*Directions for this task*
When you reach the line with "a month. The" in the data below, begin printing lines exactly, and stop once the line with "let count = or_zero" has been printed.

*Information given*

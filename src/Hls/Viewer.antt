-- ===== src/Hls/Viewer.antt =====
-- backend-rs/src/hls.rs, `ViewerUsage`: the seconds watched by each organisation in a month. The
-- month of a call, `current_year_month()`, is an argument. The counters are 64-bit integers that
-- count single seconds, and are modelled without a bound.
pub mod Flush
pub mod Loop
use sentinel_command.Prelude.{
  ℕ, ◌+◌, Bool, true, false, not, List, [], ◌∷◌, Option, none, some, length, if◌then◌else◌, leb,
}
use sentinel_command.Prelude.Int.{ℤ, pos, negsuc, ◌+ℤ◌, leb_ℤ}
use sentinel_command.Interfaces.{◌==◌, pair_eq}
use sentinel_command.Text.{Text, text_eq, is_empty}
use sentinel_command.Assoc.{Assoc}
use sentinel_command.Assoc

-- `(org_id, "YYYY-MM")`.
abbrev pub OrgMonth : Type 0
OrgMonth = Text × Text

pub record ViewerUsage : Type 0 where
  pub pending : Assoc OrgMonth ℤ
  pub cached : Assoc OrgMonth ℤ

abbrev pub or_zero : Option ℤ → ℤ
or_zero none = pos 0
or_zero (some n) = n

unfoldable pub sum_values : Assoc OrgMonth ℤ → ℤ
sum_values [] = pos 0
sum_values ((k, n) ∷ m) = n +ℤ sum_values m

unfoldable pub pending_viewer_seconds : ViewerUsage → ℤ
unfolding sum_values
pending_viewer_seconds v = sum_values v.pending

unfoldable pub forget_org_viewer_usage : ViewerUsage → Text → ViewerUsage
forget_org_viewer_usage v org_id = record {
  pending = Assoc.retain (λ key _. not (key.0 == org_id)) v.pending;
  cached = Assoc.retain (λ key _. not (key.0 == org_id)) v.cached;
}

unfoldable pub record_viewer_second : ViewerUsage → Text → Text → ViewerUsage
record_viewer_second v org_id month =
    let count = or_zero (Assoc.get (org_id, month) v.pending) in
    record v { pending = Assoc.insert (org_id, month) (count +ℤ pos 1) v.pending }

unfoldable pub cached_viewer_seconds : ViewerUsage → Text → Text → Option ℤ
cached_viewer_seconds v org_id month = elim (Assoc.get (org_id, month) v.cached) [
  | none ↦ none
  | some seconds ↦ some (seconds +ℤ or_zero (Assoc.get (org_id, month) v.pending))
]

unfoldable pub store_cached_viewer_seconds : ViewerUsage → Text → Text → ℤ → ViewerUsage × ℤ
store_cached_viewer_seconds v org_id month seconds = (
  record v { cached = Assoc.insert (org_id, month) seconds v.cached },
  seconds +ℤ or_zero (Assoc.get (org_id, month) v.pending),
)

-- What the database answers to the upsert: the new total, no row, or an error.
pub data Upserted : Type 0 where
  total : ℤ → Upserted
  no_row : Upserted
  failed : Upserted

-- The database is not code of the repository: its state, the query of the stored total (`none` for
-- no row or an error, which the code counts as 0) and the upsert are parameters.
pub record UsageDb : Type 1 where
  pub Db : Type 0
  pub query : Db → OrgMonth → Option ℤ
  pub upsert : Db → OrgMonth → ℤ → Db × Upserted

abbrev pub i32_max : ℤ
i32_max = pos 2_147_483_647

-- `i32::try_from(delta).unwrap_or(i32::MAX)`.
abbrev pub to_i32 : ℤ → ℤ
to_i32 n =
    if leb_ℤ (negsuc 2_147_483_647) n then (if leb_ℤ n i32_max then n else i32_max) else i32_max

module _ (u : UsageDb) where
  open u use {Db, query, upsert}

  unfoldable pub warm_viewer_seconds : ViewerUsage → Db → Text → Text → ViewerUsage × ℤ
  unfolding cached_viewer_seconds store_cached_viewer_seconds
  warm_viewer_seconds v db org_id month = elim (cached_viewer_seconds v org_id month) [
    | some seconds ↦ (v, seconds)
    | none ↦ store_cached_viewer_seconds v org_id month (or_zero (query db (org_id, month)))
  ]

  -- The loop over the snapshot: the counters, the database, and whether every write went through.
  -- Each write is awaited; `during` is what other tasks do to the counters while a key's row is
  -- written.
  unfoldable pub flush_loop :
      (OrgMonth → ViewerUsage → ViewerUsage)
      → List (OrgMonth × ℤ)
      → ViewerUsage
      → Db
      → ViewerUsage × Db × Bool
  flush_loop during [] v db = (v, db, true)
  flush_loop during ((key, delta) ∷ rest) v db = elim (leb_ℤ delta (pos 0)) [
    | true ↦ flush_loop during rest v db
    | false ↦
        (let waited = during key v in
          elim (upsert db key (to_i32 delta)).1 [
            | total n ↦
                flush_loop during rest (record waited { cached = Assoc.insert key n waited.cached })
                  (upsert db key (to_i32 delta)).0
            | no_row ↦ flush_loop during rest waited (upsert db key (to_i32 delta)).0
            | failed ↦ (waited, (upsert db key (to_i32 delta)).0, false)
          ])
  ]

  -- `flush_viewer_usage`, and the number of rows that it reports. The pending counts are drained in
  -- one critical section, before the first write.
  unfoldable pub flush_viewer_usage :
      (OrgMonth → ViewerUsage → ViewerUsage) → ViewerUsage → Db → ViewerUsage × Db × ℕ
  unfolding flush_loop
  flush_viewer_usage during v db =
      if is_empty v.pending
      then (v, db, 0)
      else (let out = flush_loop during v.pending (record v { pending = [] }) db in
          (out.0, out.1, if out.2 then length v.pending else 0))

*Result*
-- backend-rs/src/hls.rs, `ViewerUsage`: the seconds watched by each organisation in a month. The
-- month of a call, `current_year_month()`, is an argument. The counters are 64-bit integers that
-- count single seconds, and are modelled without a bound.
pub mod Flush
pub mod Loop
use sentinel_command.Prelude.{
  ℕ, ◌+◌, Bool, true, false, not, List, [], ◌∷◌, Option, none, some, length, if◌then◌else◌, leb,
}
use sentinel_command.Prelude.Int.{ℤ, pos, negsuc, ◌+ℤ◌, leb_ℤ}
use sentinel_command.Interfaces.{◌==◌, pair_eq}
use sentinel_command.Text.{Text, text_eq, is_empty}
use sentinel_command.Assoc.{Assoc}
use sentinel_command.Assoc

-- `(org_id, "YYYY-MM")`.
abbrev pub OrgMonth : Type 0
OrgMonth = Text × Text

pub record ViewerUsage : Type 0 where
  pub pending : Assoc OrgMonth ℤ
  pub cached : Assoc OrgMonth ℤ

abbrev pub or_zero : Option ℤ → ℤ
or_zero none = pos 0
or_zero (some n) = n

unfoldable pub sum_values : Assoc OrgMonth ℤ → ℤ
sum_values [] = pos 0
sum_values ((k, n) ∷ m) = n +ℤ sum_values m

unfoldable pub pending_viewer_seconds : ViewerUsage → ℤ
unfolding sum_values
pending_viewer_seconds v = sum_values v.pending

unfoldable pub forget_org_viewer_usage : ViewerUsage → Text → ViewerUsage
forget_org_viewer_usage v org_id = record {
  pending = Assoc.retain (λ key _. not (key.0 == org_id)) v.pending;
  cached = Assoc.retain (λ key _. not (key.0 == org_id)) v.cached;
}

unfoldable pub record_viewer_second : ViewerUsage → Text → Text → ViewerUsage
record_viewer_second v org_id month =
    let count = or_zero (Assoc.get (org_id, month) v.pending) in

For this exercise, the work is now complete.